====== DATA IN THIS EXERCISE

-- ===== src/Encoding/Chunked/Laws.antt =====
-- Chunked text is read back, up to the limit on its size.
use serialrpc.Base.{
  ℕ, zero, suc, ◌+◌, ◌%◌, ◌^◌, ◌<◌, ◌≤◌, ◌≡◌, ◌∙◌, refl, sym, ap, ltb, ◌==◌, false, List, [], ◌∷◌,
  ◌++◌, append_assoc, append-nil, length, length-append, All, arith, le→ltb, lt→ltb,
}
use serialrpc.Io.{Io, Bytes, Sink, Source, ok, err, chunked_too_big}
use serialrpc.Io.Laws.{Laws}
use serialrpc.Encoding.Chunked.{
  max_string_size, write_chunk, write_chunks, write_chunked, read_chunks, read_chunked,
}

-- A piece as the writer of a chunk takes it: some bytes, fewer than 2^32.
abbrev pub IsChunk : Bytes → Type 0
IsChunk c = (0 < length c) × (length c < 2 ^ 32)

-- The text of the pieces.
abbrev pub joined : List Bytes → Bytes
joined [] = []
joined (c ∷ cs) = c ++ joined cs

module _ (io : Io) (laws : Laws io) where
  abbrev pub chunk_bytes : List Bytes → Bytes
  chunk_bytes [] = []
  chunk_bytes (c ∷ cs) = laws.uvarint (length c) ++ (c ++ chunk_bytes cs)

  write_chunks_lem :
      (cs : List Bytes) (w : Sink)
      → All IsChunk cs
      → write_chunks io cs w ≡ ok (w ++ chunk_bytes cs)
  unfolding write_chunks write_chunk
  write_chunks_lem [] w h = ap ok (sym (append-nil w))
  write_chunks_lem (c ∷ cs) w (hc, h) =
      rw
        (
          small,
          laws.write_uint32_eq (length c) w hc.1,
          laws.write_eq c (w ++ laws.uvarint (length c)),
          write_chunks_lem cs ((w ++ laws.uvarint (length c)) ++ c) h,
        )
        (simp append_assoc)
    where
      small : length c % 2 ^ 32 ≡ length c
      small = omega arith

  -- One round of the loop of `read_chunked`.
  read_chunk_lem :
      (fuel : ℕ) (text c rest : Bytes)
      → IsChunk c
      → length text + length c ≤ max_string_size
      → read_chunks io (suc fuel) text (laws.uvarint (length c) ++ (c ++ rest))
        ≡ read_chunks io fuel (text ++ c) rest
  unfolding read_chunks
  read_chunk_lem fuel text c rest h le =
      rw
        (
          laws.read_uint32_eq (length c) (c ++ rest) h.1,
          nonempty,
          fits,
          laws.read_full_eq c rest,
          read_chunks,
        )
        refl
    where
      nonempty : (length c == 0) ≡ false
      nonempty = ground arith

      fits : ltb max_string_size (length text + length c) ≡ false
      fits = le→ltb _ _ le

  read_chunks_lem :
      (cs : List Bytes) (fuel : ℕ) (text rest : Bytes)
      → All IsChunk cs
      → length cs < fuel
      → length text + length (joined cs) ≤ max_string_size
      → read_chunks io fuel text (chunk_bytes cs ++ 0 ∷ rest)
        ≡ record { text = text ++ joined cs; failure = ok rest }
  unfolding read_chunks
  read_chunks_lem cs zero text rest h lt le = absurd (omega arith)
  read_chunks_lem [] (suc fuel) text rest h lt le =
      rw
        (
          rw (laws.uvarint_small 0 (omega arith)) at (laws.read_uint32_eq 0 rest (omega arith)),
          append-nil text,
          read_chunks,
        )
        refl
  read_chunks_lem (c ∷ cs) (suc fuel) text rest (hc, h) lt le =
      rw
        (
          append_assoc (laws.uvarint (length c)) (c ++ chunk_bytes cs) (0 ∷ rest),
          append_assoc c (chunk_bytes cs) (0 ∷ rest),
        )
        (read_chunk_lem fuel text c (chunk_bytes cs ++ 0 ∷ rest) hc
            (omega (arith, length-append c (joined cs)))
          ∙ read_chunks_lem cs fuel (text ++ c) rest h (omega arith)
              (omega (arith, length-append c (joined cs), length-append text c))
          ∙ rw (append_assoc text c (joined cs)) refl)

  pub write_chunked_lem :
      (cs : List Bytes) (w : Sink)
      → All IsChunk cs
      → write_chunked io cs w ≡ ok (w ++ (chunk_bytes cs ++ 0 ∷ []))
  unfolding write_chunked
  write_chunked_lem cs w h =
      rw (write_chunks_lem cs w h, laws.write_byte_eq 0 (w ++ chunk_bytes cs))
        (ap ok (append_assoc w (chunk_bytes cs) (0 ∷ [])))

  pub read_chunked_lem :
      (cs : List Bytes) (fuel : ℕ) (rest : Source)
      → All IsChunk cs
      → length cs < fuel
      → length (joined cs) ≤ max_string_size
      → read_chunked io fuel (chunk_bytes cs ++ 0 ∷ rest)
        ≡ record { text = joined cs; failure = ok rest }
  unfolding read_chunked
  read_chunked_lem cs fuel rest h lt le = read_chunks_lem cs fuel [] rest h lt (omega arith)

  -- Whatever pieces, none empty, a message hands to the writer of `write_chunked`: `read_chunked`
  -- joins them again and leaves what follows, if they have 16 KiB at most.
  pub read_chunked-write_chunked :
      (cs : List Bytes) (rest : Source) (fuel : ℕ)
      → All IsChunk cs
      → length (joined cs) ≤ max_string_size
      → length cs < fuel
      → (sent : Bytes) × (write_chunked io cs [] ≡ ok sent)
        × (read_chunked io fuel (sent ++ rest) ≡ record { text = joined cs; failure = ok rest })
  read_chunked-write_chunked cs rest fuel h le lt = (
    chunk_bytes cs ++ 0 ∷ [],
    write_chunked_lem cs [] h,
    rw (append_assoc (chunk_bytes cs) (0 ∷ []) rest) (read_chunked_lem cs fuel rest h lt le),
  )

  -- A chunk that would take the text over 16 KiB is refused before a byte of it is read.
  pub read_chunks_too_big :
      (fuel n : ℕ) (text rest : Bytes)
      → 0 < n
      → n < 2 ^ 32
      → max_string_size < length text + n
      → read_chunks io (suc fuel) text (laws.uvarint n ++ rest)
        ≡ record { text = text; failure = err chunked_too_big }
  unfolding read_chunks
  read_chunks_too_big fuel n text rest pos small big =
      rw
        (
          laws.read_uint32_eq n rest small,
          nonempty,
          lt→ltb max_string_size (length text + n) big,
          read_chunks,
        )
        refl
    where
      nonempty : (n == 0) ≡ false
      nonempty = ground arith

============

- [TASK] Only the lines from the one containing "rw (write_chunks_lem cs" through the end of the data above are wanted, both ends included; restate them word for word.

- [FINAL ANSWER]
      rw (write_chunks_lem cs w h, laws.write_byte_eq 0 (w ++ chunk_bytes cs))
        (ap ok (append_assoc w (chunk_bytes cs) (0 ∷ [])))

  pub read_chunked_lem :
      (cs : List Bytes) (fuel : ℕ) (rest : Source)
      → All IsChunk cs
      → length cs < fuel
      → length (joined cs) ≤ max_string_size
      → read_chunked io fuel (chunk_bytes cs ++ 0 ∷ rest)
        ≡ record { text = joined cs; failure = ok rest }
  unfolding read_chunked
  read_chunked_lem cs fuel rest h lt le = read_chunks_lem cs fuel [] rest h lt (omega arith)

  -- Whatever pieces, none empty, a message hands to the writer of `write_chunked`: `read_chunked`
  -- joins them again and leaves what follows, if they have 16 KiB at most.
  pub read_chunked-write_chunked :
      (cs : List Bytes) (rest : Source) (fuel : ℕ)
      → All IsChunk cs
      → length (joined cs) ≤ max_string_size
      → length cs < fuel
      → (sent : Bytes) × (write_chunked io cs [] ≡ ok sent)
        × (read_chunked io fuel (sent ++ rest) ≡ record { text = joined cs; failure = ok rest })
  read_chunked-write_chunked cs rest fuel h le lt = (
    chunk_bytes cs ++ 0 ∷ [],
    write_chunked_lem cs [] h,
    rw (append_assoc (chunk_bytes cs) (0 ∷ []) rest) (read_chunked_lem cs fuel rest h lt le),
  )

  -- A chunk that would take the text over 16 KiB is refused before a byte of it is read.
  pub read_chunks_too_big :
      (fuel n : ℕ) (text rest : Bytes)
      → 0 < n
      → n < 2 ^ 32
      → max_string_size < length text + n
      → read_chunks io (suc fuel) text (laws.uvarint n ++ rest)
        ≡ record { text = text; failure = err chunked_too_big }
  unfolding read_chunks
  read_chunks_too_big fuel n text rest pos small big =
      rw
        (
          laws.read_uint32_eq n rest small,
          nonempty,
          lt→ltb max_string_size (length text + n) big,
          read_chunks,
        )
        refl
    where
      nonempty : (n == 0) ≡ false
      nonempty = ground arith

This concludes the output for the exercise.